*** SUPPLIED ENTRIES ***

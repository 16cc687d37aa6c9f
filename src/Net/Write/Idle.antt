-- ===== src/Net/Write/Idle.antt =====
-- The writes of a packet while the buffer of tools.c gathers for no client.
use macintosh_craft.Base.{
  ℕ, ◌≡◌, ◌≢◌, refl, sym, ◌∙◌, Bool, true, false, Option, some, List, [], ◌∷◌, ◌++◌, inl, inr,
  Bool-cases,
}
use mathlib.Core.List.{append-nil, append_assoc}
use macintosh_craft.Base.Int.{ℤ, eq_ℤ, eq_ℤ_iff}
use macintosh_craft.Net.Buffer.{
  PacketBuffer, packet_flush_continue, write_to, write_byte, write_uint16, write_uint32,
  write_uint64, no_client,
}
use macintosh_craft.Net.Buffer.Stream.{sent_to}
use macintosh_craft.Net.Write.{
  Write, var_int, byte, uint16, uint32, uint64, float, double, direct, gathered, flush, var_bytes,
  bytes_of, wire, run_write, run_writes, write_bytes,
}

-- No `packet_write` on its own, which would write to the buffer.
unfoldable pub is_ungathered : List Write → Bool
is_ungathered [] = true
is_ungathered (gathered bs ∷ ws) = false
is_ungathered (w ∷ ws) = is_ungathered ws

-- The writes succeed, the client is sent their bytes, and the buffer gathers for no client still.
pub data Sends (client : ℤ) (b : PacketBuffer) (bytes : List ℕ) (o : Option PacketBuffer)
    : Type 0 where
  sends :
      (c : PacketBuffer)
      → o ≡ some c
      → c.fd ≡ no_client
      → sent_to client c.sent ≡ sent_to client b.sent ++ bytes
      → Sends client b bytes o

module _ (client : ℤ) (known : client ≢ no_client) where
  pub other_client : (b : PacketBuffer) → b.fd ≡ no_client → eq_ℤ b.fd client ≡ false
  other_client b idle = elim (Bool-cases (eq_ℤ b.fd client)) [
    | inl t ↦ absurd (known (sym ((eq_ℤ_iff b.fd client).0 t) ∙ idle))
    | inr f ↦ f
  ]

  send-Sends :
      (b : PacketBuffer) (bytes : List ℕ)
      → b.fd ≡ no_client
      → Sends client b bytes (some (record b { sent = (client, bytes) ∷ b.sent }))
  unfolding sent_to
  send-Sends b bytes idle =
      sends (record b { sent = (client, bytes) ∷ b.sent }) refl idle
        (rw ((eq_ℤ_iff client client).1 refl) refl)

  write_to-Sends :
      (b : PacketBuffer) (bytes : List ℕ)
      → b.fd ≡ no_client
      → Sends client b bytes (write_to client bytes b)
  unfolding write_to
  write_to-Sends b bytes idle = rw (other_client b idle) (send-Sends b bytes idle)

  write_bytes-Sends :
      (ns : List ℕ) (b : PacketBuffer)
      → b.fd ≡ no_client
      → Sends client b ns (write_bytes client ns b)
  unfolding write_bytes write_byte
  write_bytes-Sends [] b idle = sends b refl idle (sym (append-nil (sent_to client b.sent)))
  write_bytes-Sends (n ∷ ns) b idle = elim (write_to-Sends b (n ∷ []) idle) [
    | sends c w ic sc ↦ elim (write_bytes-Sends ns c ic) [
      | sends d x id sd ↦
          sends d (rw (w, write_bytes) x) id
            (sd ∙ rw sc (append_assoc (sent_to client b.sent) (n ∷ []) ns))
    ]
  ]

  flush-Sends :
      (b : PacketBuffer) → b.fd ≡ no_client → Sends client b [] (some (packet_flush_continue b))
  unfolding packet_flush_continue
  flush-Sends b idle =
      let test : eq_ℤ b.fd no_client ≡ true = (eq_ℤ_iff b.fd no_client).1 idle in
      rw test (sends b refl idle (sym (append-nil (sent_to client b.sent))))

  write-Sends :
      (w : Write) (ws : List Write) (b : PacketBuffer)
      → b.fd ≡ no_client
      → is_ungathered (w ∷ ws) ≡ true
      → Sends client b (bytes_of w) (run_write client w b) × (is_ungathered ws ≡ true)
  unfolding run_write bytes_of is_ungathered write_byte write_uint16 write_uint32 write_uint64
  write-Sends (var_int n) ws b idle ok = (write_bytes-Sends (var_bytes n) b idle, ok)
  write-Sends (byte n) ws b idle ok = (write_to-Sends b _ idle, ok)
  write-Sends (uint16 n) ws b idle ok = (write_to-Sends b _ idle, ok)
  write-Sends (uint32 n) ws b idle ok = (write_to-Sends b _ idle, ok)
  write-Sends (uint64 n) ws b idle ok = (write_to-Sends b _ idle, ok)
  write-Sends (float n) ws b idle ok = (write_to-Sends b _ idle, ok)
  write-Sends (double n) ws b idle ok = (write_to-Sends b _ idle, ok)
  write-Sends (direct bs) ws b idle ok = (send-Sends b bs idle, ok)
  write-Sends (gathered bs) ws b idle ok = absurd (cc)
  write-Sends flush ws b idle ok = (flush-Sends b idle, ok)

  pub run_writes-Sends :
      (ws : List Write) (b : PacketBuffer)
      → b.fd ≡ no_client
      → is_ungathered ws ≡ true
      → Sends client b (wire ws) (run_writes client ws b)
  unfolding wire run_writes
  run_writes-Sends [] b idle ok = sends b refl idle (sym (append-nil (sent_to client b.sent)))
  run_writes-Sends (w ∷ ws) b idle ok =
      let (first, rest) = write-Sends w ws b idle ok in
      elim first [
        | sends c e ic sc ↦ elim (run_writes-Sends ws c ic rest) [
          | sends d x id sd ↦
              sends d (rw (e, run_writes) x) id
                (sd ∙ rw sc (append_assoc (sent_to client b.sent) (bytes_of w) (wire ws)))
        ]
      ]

***
*** SUPPLIED ENTRIES ***

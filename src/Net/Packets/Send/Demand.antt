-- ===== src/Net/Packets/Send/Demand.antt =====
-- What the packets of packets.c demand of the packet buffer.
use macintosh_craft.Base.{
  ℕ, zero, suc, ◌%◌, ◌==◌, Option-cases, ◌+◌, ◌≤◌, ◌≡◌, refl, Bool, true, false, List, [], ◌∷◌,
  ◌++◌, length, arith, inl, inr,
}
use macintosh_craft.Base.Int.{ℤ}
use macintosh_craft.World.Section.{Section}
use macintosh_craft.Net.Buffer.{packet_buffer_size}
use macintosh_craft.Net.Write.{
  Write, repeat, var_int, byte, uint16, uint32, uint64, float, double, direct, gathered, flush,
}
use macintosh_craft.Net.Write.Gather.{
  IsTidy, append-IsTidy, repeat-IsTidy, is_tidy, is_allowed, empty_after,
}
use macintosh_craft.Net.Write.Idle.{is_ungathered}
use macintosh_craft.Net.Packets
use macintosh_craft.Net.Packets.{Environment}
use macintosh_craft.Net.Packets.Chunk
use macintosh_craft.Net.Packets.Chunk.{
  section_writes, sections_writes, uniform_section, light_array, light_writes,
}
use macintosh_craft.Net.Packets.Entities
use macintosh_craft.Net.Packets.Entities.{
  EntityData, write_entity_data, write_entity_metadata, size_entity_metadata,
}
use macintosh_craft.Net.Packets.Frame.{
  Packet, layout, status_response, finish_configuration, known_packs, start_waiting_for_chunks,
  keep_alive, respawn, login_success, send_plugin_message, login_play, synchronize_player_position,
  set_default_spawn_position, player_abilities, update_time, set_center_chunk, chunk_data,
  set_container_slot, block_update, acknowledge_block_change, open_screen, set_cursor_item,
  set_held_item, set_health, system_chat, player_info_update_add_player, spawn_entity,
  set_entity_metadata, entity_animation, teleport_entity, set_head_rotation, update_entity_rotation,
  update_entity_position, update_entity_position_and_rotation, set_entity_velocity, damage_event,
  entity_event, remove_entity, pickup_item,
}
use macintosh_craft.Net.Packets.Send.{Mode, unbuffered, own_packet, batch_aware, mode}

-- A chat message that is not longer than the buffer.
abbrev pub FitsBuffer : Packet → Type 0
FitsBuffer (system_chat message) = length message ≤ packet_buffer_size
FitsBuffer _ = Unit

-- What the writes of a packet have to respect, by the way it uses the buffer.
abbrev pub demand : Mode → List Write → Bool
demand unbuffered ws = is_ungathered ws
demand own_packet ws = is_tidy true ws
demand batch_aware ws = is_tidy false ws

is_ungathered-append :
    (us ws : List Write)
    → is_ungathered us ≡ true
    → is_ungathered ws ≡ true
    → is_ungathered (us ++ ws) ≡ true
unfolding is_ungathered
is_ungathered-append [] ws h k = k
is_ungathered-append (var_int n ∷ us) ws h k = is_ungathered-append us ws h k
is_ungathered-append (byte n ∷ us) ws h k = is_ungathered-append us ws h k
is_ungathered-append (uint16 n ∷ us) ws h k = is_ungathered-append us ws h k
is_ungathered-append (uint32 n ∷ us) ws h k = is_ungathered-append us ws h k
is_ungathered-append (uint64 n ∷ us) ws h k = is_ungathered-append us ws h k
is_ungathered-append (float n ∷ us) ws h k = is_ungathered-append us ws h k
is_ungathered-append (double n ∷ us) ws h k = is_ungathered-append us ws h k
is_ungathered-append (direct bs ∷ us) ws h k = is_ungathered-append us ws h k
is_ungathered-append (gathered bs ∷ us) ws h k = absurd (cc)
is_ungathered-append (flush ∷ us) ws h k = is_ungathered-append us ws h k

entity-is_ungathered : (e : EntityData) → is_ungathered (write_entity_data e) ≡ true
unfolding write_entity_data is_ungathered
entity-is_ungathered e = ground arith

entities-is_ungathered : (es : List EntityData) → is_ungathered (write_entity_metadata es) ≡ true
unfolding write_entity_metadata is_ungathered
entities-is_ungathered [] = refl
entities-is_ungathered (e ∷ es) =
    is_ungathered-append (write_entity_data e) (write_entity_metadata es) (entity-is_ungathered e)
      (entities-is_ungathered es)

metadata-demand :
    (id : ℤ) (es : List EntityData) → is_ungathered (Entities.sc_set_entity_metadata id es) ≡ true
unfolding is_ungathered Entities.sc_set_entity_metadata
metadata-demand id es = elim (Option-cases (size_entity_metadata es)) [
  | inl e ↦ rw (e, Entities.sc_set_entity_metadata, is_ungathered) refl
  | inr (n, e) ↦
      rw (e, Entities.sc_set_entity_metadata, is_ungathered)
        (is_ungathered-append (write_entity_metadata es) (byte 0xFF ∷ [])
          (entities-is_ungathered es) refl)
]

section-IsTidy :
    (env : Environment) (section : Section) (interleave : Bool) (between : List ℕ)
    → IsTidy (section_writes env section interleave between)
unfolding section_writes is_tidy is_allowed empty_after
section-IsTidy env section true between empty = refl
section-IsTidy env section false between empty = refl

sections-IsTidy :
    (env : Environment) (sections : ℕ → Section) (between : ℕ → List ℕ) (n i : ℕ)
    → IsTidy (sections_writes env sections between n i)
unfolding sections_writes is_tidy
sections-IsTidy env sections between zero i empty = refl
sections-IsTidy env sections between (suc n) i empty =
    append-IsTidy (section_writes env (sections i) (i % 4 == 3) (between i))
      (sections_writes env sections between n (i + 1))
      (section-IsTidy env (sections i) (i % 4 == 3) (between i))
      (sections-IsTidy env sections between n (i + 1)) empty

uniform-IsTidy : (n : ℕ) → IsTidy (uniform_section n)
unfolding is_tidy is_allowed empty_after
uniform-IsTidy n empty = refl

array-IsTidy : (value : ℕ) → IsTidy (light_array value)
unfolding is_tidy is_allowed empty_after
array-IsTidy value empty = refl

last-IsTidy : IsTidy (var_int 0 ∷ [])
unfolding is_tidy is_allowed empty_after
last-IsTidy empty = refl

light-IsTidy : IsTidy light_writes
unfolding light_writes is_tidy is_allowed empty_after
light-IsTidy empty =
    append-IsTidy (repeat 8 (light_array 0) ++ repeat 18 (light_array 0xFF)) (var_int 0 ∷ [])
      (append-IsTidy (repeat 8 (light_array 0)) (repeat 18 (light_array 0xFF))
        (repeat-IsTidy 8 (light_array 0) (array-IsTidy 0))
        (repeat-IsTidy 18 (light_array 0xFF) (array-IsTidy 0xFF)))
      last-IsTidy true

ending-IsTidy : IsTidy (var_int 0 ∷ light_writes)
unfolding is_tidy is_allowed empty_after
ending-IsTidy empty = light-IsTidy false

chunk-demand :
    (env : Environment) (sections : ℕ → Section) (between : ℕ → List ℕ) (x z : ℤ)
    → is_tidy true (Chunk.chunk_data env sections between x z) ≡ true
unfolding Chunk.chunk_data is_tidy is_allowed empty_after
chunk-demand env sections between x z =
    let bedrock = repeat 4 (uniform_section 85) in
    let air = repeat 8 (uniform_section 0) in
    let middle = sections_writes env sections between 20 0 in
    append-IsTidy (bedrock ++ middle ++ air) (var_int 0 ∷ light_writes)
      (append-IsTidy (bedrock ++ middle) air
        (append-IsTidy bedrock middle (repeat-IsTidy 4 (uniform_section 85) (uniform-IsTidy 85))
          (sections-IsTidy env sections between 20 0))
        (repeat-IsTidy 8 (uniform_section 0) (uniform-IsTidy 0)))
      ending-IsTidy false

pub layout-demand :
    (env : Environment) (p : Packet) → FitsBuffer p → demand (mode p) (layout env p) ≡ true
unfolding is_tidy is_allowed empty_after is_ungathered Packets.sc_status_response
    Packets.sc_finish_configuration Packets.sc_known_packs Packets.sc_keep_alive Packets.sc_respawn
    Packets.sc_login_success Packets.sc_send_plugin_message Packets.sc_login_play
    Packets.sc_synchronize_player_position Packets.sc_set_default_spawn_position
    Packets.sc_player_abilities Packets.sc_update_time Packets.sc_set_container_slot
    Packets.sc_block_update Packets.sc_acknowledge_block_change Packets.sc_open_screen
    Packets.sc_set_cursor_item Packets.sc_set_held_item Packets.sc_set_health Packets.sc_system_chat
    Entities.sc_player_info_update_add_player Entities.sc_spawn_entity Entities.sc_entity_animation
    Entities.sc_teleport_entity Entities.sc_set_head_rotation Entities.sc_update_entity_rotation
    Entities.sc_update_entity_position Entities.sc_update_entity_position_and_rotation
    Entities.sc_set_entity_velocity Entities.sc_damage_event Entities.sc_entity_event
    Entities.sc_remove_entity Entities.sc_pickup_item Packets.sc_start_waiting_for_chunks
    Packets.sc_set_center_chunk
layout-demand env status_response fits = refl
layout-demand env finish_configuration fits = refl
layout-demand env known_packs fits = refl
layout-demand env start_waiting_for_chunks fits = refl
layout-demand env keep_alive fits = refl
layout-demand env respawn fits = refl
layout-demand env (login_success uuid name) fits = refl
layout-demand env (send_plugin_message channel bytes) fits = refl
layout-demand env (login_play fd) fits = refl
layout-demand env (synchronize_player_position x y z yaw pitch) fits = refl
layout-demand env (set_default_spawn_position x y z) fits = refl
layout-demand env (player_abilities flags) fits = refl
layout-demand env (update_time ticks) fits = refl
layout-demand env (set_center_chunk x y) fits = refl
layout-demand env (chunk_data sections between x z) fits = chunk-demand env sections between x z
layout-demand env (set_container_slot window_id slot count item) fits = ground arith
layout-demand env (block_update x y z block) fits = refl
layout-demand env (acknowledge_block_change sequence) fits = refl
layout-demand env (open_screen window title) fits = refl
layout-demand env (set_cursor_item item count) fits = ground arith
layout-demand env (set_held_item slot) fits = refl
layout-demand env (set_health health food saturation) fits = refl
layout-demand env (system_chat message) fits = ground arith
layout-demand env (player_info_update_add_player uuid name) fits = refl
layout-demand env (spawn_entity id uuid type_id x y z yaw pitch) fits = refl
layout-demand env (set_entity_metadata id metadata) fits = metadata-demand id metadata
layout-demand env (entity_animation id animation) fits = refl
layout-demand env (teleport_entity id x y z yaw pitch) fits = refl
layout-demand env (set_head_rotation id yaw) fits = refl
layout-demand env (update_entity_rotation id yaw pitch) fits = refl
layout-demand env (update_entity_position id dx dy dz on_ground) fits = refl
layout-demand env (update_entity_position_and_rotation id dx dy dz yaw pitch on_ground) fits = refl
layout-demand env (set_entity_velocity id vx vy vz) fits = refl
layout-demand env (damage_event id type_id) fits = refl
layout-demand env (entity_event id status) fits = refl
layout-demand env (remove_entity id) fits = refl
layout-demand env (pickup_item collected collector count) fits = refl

***
*** SUPPLIED ENTRIES ***

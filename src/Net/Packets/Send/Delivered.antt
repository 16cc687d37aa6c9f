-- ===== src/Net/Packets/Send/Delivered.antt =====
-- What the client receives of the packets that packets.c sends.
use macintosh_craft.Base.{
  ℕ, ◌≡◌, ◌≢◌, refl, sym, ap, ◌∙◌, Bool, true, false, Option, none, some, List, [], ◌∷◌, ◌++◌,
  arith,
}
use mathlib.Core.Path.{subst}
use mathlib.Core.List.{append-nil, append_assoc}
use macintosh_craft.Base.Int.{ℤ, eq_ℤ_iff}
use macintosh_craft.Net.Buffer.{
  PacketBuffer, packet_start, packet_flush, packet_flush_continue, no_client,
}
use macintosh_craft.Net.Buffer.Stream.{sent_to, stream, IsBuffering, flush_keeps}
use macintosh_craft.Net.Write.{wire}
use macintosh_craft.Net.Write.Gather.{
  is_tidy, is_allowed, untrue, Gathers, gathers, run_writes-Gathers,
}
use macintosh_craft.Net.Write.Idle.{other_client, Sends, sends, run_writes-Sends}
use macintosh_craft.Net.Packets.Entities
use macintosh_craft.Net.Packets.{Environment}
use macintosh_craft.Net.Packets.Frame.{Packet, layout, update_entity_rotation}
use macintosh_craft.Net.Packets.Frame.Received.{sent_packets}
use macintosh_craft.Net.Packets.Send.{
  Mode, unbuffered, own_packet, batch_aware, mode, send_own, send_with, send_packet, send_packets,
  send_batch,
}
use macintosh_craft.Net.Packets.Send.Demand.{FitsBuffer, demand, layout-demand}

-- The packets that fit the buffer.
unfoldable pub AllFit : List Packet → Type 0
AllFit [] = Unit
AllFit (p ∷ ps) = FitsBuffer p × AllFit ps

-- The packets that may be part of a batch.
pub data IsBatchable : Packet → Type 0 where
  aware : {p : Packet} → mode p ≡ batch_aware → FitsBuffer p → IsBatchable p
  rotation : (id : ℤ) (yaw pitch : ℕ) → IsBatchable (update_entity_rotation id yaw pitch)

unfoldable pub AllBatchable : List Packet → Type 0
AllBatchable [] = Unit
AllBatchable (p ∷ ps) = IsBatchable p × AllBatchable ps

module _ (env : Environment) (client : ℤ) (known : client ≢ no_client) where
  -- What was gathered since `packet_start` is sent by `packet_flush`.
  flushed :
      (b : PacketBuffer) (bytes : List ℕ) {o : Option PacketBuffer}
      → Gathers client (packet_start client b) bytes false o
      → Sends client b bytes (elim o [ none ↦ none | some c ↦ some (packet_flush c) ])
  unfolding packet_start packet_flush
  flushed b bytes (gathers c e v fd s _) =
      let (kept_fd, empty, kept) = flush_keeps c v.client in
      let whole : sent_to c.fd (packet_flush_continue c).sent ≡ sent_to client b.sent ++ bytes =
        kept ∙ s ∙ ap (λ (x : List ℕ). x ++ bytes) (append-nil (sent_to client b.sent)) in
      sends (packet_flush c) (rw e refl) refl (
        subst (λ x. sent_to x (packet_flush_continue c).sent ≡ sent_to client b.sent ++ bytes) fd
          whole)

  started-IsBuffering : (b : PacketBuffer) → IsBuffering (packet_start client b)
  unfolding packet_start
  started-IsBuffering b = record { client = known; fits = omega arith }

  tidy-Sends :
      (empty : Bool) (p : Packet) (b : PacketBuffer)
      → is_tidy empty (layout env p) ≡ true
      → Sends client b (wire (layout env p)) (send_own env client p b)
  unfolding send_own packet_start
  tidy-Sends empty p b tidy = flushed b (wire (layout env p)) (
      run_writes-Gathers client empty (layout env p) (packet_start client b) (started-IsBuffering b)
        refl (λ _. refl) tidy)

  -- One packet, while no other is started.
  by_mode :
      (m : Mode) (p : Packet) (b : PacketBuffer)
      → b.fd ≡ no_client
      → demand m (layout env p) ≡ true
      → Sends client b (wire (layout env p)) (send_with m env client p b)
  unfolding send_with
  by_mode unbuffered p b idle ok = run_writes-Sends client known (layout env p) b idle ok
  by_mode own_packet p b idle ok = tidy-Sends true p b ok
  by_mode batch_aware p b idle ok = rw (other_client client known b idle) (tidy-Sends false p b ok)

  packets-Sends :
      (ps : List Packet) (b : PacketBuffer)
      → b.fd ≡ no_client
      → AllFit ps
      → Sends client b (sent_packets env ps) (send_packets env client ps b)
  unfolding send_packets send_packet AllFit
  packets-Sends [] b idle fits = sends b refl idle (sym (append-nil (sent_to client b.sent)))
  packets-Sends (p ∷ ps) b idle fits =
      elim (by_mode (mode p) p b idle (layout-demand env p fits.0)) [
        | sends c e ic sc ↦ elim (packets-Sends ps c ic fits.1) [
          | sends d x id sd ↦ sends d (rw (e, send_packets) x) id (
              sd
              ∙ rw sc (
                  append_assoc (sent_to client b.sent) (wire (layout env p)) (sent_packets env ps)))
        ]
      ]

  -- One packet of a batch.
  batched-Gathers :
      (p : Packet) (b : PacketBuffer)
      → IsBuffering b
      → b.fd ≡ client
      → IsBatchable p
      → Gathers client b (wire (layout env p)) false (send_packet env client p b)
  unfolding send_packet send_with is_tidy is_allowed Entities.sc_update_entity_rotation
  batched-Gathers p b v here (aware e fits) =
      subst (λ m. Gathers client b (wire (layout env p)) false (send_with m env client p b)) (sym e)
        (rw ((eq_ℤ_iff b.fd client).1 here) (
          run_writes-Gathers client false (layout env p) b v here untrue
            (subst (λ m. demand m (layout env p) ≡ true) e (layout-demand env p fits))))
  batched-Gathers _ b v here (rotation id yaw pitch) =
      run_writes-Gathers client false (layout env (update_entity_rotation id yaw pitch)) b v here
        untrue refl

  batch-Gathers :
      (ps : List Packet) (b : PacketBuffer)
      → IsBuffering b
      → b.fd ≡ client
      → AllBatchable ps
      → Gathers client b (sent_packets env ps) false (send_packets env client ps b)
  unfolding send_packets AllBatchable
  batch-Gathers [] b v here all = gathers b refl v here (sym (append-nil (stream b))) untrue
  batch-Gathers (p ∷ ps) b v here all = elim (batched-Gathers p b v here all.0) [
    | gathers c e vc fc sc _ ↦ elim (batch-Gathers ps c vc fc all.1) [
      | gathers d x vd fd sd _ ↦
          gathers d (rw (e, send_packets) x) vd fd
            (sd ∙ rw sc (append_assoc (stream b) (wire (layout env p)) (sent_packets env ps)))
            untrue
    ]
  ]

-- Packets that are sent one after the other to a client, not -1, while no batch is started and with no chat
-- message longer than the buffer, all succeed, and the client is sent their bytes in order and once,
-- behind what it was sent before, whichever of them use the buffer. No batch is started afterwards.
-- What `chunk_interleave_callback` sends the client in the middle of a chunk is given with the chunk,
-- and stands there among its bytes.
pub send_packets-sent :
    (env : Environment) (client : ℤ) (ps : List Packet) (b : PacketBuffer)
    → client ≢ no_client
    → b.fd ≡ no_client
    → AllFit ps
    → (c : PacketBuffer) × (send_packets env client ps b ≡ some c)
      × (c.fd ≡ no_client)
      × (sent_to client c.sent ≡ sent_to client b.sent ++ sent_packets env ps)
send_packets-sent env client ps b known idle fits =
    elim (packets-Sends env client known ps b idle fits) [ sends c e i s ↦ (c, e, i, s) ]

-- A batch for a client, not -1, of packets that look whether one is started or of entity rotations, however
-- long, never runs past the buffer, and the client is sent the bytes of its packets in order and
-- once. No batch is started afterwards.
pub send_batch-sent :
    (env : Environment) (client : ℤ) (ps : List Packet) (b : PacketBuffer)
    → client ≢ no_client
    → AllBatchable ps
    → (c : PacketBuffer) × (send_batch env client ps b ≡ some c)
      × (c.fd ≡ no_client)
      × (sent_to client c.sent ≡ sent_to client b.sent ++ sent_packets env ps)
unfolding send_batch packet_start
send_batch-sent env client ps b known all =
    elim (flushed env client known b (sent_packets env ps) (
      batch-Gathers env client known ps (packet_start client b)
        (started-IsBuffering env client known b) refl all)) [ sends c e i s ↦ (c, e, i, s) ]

***

(REQUIREMENT): When a line in the records holds the string "unbuffered", copy that line.

(ANSWER SECTION):
use macintosh_craft.Net.Packets.Send.{Mode, unbuffered, own_packet, batch_aware, mode}
demand unbuffered ws = is_ungathered ws
  Mode, unbuffered, own_packet, batch_aware, mode, send_own, send_with, send_packet, send_packets,
  by_mode unbuffered p b idle ok = run_writes-Sends client known (layout env p) b idle ok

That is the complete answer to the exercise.